Development of remote offshore fields has unique technical challenges because quite often, such fields have only a few subsea wells tied to adjacent fields. This scenario is especially the case in small and/or marginal offshore fields where the profitability is very dependent on capital and operational expenditures. Therefore, quite often a group of marginal offshore fields located nearby are developed together with several gathering points and pipeline systems joining different subsea wells. Flow metering is usually performed at gathering points on the seabed using multiphase flowmeters rather than at individual wellheads. While this method can be very efficient from an economical point of view, it may, on the other hand, compromise the data acquisition process, resulting in an insufficient understanding of individual well performance. The situation may get even more complicated when wells from different fields are tied together. Because well interventions for individual well performance evaluations are generally expensive and not always possible, it is necessary to have a reliable and cost-effective permanent downhole monitoring system that provides continuous real-time data necessary for updating and improving the field development strategy.

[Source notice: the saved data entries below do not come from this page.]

-- ===== src/Handlers/AdminAccounts.antt =====
-- internal/httpapi/admin_accounts.go: suspend, reinstate, verify and set a role, over HTTP.
use waterloo_star_backend.Common.{
  ℕ, Bool, true, false, Option, none, some, [], ◌∷◌, ◌==◌, ltb, if◌then◌else◌, length,
}
use waterloo_star_backend.Common.Text.{Text, trim_space}
use waterloo_star_backend.Store.Table.{lookup}
use waterloo_star_backend.Store.Rows.{
  Role, user, admin, User, Db, Error, no_rows, self_action, last_admin, role_unchanged,
  already_suspended, not_suspended, already_verified,
}
use waterloo_star_backend.Store.Conn.{Result, ok, err, M, ◌>>=◌, ◌>>◌, pure, throw, query, TxRunner}
use waterloo_star_backend.Store.Queries.{found}
use waterloo_star_backend.Admin.Actions.{suspend, reinstate, verify_by_hand, change_role}
use waterloo_star_backend.Handlers.Replies.{
  Code, Message, ErrorBody, zero_body, error_body, field_body, Response, shown, refused, Principal,
  require_admin, admit, attempt, Outcome, refusal_of,
}

abbrev pub min_reason_length : ℕ
min_reason_length = 10

-- The columns of the account that the model has; the three counts beside it are left out.
unfoldable pub get_user_for_admin_sql : ℕ → ℕ → Db → Result User × Db
get_user_for_admin_sql id now d = found (lookup id d.users) d

unfoldable pub get_user_for_admin : ℕ → M User
get_user_for_admin id = query (get_user_for_admin_sql id)

-- The account is that of a 200 only.
pub record AccountOutcome : Type 0 where
  pub outcome : Outcome
  pub account : Option User

abbrev pub account_error : ℕ → ErrorBody → AccountOutcome
account_error status body = record {
  outcome = record { status = status; body = body };
  account = none;
}

abbrev pub conflict_of : Message → AccountOutcome
conflict_of message = account_error 409 (error_body Code.conflict message)

-- What an error of the action is to the caller; none is an error of the server.
unfoldable pub account_refusal : Message → Error → Option AccountOutcome
account_refusal self_message no_rows =
    some (account_error 404 (error_body Code.not_found ("No account with that id." ∷ [])))
account_refusal self_message self_action = some (conflict_of self_message)
account_refusal self_message already_suspended =
    some (conflict_of ("That account is already suspended." ∷ []))
account_refusal self_message not_suspended =
    some (conflict_of ("That account is not suspended." ∷ []))
account_refusal self_message already_verified =
    some (conflict_of ("That account is already verified." ∷ []))
account_refusal self_message role_unchanged =
    some (conflict_of ("That account already has that role." ∷ []))
account_refusal self_message last_admin =
    some (conflict_of ("That is the last admin. Promote someone else first." ∷ []))
account_refusal self_message _ = none

unfoldable pub account_action :
    ℕ → Option Text → Message → (ℕ → Text → M (Unit {0})) → M AccountOutcome
unfolding account_refusal get_user_for_admin
account_action id none self_message act =
    pure (account_error 400 (error_body Code.bad_request ("A JSON body is required." ∷ [])))
account_action id (some reason) self_message act =
    let trimmed = trim_space reason in
    let n = length trimmed in
    if ltb n min_reason_length
    then pure (
        account_error 400 (
          field_body ("Give a reason." ∷ []) "reason"
            ("At least 10 characters. It is kept in the ledger." ∷ [])))
    else if ltb 1000 n
    then pure (
        account_error 400 (
          field_body ("That reason is too long." ∷ []) "reason" ("At most 1,000 characters." ∷ [])))
    else (do
      r ← attempt (act id trimmed)
      elim r [
        | ok _ ↦ (do
          row ← get_user_for_admin id
          pure (record { outcome = record { status = 200; body = zero_body }; account = some row }))
        | err e ↦ elim (account_refusal self_message e) [ none ↦ throw e | some o ↦ pure o ]
      ])

-- `switch o.status`, the same in the four handlers
unfoldable pub account_response : AccountOutcome → Response User
account_response o =
    if o.outcome.status == 200
    then elim o.account [ none ↦ refused 200 zero_body | some row ↦ shown row ]
    else refusal_of o.outcome

-- `_, err := db.Suspend(…); return err`, and so for the others
abbrev pub drop : {A : Type 0} → M A → M (Unit {0})
drop m = m >> pure tt

unfoldable pub account_handler :
    Option Principal → ℕ → Option Text → Message → (ℕ → ℕ → Text → M (Unit {0})) → M (Response User)
unfolding require_admin account_action account_response
account_handler caller id reason self_message act =
    admit (require_admin caller)
      (λ p. do o ← account_action id reason self_message (act p.user_id); pure (account_response o))

unfoldable pub suspend_admin_user :
    TxRunner → Option Principal → ℕ → Option Text → M (Response User)
unfolding account_handler suspend
suspend_admin_user tx caller id body =
    account_handler caller id body ("You can't suspend your own account." ∷ [])
      (λ actor id reason. drop (suspend tx actor id reason))

unfoldable pub reinstate_admin_user :
    TxRunner → Option Principal → ℕ → Option Text → M (Response User)
unfolding account_handler reinstate
reinstate_admin_user tx caller id body =
    account_handler caller id body ("" ∷ [])
      (λ actor id reason. drop (reinstate tx actor id reason))

unfoldable pub verify_admin_user : TxRunner → Option Principal → ℕ → Option Text → M (Response User)
unfolding account_handler verify_by_hand
verify_admin_user tx caller id body =
    account_handler caller id body ("" ∷ [])
      (λ actor id reason. drop (verify_by_hand tx actor id reason))

pub record RoleChangeBody : Type 0 where
  pub role : Role
  pub reason : Text

-- `AdminRoleChangeRole.Valid`
abbrev pub is_role_change : Role → Bool
is_role_change user = true
is_role_change admin = true
is_role_change _ = false

abbrev pub own_role : Message
own_role = "You can't change your own role." ∷ []

abbrev pub no_role : ErrorBody
no_role = field_body ("Choose a role." ∷ []) "role" ("Either user or admin." ∷ [])

unfoldable pub set_admin_user_role :
    TxRunner → Option Principal → ℕ → Option RoleChangeBody → M (Response User)
unfolding require_admin account_handler account_action account_response change_role
set_admin_user_role tx caller id none =
    account_handler caller id none own_role (λ actor id reason. pure tt)
set_admin_user_role tx caller id (some body) = admit (require_admin caller) (λ p.
    if is_role_change body.role
    then (do
      o ←
          account_action id (some body.reason) own_role
            (λ id reason. drop (change_role tx (some p.user_id) id body.role reason))
      pure (account_response o))
    else pure (refused 400 no_role))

This paper presents a case study of a subsea oil producing well in the North Sea where one such system—a venturi downhole flowmeter—was installed to obtain continuous pressure and temperature measurements for downhole fluid density and flow rate calculations. This type of flowmeter is useful only in liquid environments because the underlying Bernoulli principle is applicable only for single-phase flow and tenable in low-slip liquid/liquid flow regimes, such as in the concurrent flow of oil and water at high velocities. Surface flow rate validation is always a good complement but not compulsory. The goal of this cost-effective monitoring method was to facilitate production (oil and water) allocation so as to simultaneously improve well performance and reservoir modeling.
The continuous pressure and temperature data obtained from this downhole flowmeter were translated into valuable information during well flowing and shut-in periods. The application of specific workflows transformed the downhole data into fluid flow rates, which allowed to accurately evaluate performance of the well. Successful calculation validations were performed using a multiphase meter data due to the inability to test the well. The results allowed the operator to properly allocate flow, assess reservoir performance, and identify improvement opportunities in the field-development plan.
This case study demonstrates that with the installation of reliable, cost-effective downhole flowmeters and the appropriate interpretation of downhole real-time data, well performance evaluation and reservoir management strategy can be improved simultaneously in subsea environments where the risks are high and expenditures are tight.